Once issued, the visa is valid for a stay up to 3 months and you may request single, or multiple entry visas. It’s not possible to give exact visa costs for all nationalities as this does vary.
There is never a shortage of sunshine in Egypt with the country averaging 11 hours a day during the summer and 8 hours a day in the winter. From April to October, the average temperature ranges from 21-28C (70-83F) while between November and March this drops to 13-20C (55-67F). This does vary more along the Mediterranean coast which while still warm, is more prone to periods of cloud and rain in the wintertime. During the spring months, the coast and the Nile Delta regions brace themselves for the strong Khamsin desert winds. Generally, the winters in Egypt are warm enough to allow pleasant and comfortable traveling all year long.
Egypt is a country that you can visit at any time of the year as it offers plenty of sunshine and minimal rain, however, the ideal months to visit Egypt are from September to November and from March to May as the weather is mild and the temperature is pleasant.

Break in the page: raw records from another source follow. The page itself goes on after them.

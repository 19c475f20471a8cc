-- ===== src/NetStruct/PackageQueueMap/References.antt =====
-- How long the table keeps a package: the counts of `ref`.
use sharpvpn.Base.{
  ℕ, zero, suc, ◌+◌, ◌-◌, ◌%◌, ◌≤◌, ◌≡◌, ◌≢◌, refl, ap, ◌∙◌, ◌∷◌, none, some, arith, ◌==◌,
  if◌then◌else◌, pos,
}
use native.Mathlib.Nat.{zero-add}
use sharpvpn.NetStruct.PackageQueueMap.{PackageQueueMap, at, push, resend, erase}

module _ {A : Type 0} where
  -- A push gives the slot to the new id, and changes no other lookup.
  pub at-push :
      (q : PackageQueueMap A) (d : A) (id i : ℕ)
      → at (push q d id) i
        ≡ (if id % q.capacity == i % q.capacity then (if id == i then some d else none) else at q i)
  unfolding at push
  at-push q d id i = ground arith

  pub at-resend : (q : PackageQueueMap A) (id i : ℕ) → at (resend q id) i ≡ at q i
  unfolding at resend
  at-resend q id i = refl

  -- The slot of `id` holds its package `d` with `n + 1` reasons to keep it.
  pub record Held (q : PackageQueueMap A) (id : ℕ) (d : A) (n : ℕ) : Type 0 where
    pub owner : q.arr (id % q.capacity) ≡ id
    pub holds : q.data_list (id % q.capacity) ≡ some d
    pub refs : q.ref (id % q.capacity) ≡ pos (suc n)

  push-Held : (q : PackageQueueMap A) (d : A) (id : ℕ) → Held (push q d id) id d 0
  unfolding push
  push-Held q d id = ground arith

  resend-Held :
      (q : PackageQueueMap A) (d : A) (id n : ℕ) → Held q id d n → Held (resend q id) id d (suc n)
  unfolding resend
  resend-Held q d id n h = ground arith

  erase-Held :
      (q : PackageQueueMap A) (d : A) (id n : ℕ)
      → Held q id d (suc n)
      → Held (erase q id) id d n × ((erase q id).freed ≡ q.freed)
  unfolding erase
  erase-Held q d id n h = ground arith

  unfoldable pub resend_times : ℕ → PackageQueueMap A → ℕ → PackageQueueMap A
  resend_times zero q id = q
  resend_times (suc k) q id = resend (resend_times k q id) id

  unfoldable pub erase_times : ℕ → PackageQueueMap A → ℕ → PackageQueueMap A
  erase_times zero q id = q
  erase_times (suc k) q id = erase_times k (erase q id) id

  resend_times-Held :
      (k : ℕ) (q : PackageQueueMap A) (d : A) (id : ℕ)
      → Held q id d 0
      → Held (resend_times k q id) id d k × ((resend_times k q id).freed ≡ q.freed)
  unfolding resend_times resend
  resend_times-Held zero q d id h = (h, refl)
  resend_times-Held (suc k) q d id h =
      let before = resend_times-Held k q d id h in
      (resend-Held (resend_times k q id) d id k before.0, before.1)

  erase_times-Held :
      (n k : ℕ) (q : PackageQueueMap A) (d : A) (id : ℕ)
      → Held q id d (n + k)
      → Held (erase_times n q id) id d k × ((erase_times n q id).freed ≡ q.freed)
  unfolding erase_times
  erase_times-Held zero k q d id h = (rw zero-add at h, refl)
  erase_times-Held (suc n) k q d id h =
      let shorter : suc n + k ≡ suc (n + k) = omega arith in
      let one = erase-Held q d id (n + k) (rw shorter at h) in
      let rest = erase_times-Held n k (erase q id) d id one.0 in (rest.0, rest.1 ∙ one.1)

  -- The last reference gone, the package is deleted and no longer found.
  last-erase :
      (q : PackageQueueMap A) (d : A) (id : ℕ)
      → id ≢ 0
      → Held q id d 0
      → (at (erase q id) id ≡ none) × ((erase q id).freed ≡ d ∷ q.freed)
  unfolding erase at
  last-erase q d id h w = ground (arith, w.owner, w.holds, w.refs)

  at-Held : (q : PackageQueueMap A) (d : A) (id n : ℕ) → Held q id d n → at q id ≡ some d
  unfolding at
  at-Held q d id n h = ground arith

  -- A package that was put in and asked to be sent again `k` times survives `k` calls of `erase`,
  -- without being deleted; one more call deletes it, once, and it is no longer found.
  pub erase_times-resend_times :
      (k n : ℕ) (q : PackageQueueMap A) (d : A) (id : ℕ)
      → id ≢ 0
      → n ≤ k
      → let p = push q d id in
        let r = resend_times k p id in
        (at (erase_times n r id) id ≡ some d)
        × ((erase_times n r id).freed ≡ p.freed)
        × (at (erase (erase_times k r id) id) id ≡ none)
        × ((erase (erase_times k r id) id).freed ≡ d ∷ p.freed)
  erase_times-resend_times k n q d id h le =
      let p = push q d id in
      let r = resend_times k p id in
      let full = resend_times-Held k p d id (push-Held q d id) in
      let split : k ≡ n + (k - n) = omega arith in
      let all : k ≡ k + 0 = omega arith in
      let some_gone = erase_times-Held n (k - n) r d id (rw (← split) full.0) in
      let one_left = erase_times-Held k 0 r d id (rw (← all) full.0) in
      let gone = last-erase (erase_times k r id) d id h one_left.0 in
      (
        at-Held (erase_times n r id) d id (k - n) some_gone.0,
        some_gone.1 ∙ full.1,
        gone.0,
        gone.1 ∙ ap (◌∷◌ d) (one_left.1 ∙ full.1),
      )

The summer months which are from June to August usually mean that the temperature gets very high with the heat being more dry than humid. This is perfect weather for soaking up the sun’s rays and snorkeling however, not so great for busy sites and attractions. From October to February which is Egypt’s winter months, the weather is cooler with the chance of some rain. In comparison to most European countries, the temperature is still warm and activities such as diving can be done year round.